**Aim of the task**: Pull out each line of the data that includes the word "Type".

**Material provided**:
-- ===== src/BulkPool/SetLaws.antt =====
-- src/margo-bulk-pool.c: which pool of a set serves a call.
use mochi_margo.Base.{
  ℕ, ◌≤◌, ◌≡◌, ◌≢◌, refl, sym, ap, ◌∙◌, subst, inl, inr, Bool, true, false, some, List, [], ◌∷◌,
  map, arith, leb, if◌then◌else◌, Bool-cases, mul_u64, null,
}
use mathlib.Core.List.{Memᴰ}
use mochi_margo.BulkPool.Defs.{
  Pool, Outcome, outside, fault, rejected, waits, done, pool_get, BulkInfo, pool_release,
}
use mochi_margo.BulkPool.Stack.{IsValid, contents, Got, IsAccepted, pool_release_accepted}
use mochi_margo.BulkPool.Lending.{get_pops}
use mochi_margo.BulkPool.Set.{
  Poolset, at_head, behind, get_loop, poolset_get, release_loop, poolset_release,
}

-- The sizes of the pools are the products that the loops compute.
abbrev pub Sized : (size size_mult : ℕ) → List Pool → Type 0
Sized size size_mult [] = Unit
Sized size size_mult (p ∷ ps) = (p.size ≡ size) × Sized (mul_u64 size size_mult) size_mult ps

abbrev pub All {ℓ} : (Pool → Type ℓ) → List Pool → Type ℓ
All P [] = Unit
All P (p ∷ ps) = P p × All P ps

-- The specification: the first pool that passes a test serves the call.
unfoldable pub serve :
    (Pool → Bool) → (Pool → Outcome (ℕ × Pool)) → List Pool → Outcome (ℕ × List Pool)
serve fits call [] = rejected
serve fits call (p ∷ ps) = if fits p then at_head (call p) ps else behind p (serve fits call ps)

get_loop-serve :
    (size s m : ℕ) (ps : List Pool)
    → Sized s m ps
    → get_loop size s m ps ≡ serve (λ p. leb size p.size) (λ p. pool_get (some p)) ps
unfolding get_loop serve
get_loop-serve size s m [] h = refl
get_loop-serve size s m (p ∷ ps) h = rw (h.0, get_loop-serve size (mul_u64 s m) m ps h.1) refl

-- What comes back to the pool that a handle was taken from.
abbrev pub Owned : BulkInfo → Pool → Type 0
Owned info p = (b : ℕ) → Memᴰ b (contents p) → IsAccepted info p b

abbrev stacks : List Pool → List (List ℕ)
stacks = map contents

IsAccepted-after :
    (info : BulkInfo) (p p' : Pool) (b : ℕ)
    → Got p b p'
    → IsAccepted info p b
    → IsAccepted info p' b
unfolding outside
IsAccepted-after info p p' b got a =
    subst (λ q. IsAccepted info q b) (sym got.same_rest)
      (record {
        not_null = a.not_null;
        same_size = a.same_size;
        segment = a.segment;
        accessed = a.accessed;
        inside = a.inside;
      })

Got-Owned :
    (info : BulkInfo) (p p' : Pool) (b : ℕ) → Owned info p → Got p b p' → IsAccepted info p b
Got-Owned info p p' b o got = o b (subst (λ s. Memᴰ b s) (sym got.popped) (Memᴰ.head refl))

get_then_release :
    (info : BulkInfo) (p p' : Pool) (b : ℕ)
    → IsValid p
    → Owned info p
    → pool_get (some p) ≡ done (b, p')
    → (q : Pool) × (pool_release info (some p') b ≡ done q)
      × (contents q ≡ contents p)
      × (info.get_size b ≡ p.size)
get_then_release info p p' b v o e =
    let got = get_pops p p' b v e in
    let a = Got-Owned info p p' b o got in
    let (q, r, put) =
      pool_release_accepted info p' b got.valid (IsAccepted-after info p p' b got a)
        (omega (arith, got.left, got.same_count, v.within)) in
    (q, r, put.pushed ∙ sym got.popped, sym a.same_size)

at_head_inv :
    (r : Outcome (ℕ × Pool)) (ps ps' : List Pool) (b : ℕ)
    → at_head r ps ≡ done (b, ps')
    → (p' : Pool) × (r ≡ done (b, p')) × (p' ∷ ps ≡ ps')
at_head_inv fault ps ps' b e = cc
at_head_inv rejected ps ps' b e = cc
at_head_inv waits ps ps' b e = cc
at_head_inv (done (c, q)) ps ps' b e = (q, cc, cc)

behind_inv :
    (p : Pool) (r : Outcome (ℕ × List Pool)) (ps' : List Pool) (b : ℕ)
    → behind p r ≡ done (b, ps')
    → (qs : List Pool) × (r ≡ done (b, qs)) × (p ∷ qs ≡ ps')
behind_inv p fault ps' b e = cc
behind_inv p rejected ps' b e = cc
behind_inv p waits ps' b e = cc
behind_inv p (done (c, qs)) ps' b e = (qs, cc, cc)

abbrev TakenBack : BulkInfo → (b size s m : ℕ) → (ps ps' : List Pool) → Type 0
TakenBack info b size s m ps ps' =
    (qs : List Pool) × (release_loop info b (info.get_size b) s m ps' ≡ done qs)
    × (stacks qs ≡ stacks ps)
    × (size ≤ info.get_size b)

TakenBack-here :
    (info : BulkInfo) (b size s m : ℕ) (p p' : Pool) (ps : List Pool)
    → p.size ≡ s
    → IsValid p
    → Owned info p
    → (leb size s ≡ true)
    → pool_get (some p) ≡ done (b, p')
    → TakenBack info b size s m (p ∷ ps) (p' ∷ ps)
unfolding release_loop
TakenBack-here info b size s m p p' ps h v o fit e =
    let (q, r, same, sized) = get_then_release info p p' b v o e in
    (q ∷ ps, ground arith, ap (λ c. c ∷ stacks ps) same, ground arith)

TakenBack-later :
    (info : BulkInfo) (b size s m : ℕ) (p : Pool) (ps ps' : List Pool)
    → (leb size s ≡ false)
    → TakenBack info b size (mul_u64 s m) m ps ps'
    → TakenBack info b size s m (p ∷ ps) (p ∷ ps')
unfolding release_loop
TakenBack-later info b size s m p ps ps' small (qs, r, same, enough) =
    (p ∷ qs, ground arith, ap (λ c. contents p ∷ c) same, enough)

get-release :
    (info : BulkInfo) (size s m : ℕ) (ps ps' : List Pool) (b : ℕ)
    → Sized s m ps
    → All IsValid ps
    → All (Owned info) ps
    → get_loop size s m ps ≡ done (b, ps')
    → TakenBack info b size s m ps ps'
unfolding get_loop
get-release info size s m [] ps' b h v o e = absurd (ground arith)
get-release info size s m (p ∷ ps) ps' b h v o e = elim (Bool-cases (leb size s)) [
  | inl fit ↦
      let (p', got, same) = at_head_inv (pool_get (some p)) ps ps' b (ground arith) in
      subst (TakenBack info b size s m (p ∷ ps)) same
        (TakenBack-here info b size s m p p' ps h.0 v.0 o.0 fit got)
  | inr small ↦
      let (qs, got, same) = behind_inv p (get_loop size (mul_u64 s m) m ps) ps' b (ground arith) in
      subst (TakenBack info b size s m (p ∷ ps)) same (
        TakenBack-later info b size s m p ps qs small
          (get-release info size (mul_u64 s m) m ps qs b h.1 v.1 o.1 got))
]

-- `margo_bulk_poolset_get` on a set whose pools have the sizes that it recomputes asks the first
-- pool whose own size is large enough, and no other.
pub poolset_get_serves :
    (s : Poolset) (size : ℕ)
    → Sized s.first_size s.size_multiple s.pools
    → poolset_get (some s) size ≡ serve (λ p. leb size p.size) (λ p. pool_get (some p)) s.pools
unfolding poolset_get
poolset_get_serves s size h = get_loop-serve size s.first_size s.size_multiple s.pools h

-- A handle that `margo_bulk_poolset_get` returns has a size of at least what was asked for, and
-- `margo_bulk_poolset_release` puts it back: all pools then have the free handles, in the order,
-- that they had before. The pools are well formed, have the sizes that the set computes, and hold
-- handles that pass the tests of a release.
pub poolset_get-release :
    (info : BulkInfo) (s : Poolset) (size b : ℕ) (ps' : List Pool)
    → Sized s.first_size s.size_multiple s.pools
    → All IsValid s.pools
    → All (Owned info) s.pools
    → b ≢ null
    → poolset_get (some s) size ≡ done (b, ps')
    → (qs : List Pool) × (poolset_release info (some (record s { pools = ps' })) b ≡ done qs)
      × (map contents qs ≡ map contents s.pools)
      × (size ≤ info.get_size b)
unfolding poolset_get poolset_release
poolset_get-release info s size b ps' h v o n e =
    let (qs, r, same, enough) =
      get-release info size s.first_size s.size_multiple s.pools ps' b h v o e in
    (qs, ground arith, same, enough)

* * *

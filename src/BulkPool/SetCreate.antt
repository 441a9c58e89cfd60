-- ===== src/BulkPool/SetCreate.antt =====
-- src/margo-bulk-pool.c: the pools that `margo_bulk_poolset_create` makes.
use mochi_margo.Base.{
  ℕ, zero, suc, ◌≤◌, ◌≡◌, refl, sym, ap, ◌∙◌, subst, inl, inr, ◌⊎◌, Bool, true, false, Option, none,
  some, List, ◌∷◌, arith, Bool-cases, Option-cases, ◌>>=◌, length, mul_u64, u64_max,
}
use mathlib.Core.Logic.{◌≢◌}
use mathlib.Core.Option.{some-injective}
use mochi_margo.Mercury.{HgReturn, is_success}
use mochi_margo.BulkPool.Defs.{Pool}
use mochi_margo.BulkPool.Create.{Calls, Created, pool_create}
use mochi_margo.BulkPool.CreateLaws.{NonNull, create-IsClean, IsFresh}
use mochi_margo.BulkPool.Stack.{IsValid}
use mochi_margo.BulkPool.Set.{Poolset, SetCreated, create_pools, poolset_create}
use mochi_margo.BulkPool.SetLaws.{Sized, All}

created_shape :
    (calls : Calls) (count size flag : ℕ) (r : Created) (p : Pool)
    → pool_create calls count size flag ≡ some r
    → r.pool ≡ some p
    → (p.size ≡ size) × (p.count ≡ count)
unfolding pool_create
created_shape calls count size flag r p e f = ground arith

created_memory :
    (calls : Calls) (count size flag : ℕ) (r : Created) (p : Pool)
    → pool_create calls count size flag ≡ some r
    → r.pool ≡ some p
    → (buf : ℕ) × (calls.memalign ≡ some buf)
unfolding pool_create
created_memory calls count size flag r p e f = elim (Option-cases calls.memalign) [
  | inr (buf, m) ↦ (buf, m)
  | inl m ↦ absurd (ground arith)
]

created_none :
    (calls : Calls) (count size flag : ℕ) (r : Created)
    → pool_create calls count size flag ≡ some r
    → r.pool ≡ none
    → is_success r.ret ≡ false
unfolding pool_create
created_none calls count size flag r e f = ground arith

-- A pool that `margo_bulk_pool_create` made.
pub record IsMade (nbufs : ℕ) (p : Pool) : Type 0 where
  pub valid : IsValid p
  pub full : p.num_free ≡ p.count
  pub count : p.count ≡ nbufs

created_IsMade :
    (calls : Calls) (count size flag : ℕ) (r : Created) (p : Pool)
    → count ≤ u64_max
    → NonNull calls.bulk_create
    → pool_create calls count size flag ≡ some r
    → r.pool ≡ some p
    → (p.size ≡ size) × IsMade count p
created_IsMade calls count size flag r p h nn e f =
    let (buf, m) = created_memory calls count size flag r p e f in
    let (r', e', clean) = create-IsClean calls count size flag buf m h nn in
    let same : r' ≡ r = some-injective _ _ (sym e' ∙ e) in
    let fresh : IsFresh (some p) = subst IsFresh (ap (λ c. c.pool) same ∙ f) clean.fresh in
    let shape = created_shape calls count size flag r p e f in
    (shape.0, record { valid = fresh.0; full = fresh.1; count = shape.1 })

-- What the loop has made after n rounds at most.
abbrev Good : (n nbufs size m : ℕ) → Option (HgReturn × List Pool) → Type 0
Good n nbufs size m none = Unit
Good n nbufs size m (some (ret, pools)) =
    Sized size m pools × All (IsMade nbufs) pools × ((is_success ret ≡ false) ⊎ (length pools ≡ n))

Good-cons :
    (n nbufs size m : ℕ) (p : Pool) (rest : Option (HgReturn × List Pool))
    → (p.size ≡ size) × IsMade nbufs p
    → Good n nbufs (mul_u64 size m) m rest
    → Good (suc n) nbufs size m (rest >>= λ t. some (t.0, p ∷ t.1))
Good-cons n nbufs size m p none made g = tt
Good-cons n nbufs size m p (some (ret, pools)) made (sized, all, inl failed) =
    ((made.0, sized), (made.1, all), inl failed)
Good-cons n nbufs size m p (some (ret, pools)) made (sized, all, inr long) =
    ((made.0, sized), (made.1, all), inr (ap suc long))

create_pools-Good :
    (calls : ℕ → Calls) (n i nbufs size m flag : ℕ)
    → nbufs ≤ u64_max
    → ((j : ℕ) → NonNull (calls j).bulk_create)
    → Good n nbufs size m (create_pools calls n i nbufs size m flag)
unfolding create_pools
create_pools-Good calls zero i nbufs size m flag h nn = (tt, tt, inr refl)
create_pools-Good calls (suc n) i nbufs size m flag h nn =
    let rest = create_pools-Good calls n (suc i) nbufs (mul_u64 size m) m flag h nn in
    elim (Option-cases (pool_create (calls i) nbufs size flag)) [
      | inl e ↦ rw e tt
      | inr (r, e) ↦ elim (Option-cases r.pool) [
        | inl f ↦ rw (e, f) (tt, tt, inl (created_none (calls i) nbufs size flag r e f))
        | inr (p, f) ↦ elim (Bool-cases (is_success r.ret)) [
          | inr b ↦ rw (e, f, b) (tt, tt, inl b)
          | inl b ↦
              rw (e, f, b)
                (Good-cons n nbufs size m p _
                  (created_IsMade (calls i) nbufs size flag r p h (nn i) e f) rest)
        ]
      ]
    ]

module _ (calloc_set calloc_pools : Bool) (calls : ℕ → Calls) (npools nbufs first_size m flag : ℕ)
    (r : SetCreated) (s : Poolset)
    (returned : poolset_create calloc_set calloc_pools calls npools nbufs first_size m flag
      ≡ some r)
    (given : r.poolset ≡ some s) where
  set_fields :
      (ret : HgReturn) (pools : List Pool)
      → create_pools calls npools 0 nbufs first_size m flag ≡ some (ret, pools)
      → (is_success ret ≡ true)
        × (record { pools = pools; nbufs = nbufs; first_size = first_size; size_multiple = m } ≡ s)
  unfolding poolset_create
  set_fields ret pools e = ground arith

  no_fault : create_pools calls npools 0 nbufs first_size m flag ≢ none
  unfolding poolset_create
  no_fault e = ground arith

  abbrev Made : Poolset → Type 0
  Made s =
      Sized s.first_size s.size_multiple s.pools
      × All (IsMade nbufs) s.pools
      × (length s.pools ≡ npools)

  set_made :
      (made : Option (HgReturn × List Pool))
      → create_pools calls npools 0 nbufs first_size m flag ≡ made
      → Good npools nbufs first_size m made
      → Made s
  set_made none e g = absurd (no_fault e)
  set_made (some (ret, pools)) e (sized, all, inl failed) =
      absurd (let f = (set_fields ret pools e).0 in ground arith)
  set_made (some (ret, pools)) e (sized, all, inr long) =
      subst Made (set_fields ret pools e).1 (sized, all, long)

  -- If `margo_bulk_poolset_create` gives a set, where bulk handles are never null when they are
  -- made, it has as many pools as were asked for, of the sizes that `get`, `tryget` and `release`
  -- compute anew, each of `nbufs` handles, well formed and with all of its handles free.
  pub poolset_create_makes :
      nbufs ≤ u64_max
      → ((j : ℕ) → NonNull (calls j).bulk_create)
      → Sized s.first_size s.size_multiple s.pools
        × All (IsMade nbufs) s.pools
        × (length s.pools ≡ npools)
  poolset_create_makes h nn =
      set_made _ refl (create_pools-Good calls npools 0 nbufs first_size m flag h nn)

**Problem solution**:
abbrev pub Sized : (size size_mult : ℕ) → List Pool → Type 0
abbrev pub All {ℓ} : (Pool → Type ℓ) → List Pool → Type ℓ
abbrev pub Owned : BulkInfo → Pool → Type 0
abbrev TakenBack : BulkInfo → (b size s m : ℕ) → (ps ps' : List Pool) → Type 0
pub record IsMade (nbufs : ℕ) (p : Pool) : Type 0 where
abbrev Good : (n nbufs size m : ℕ) → Option (HgReturn × List Pool) → Type 0
  abbrev Made : Poolset → Type 0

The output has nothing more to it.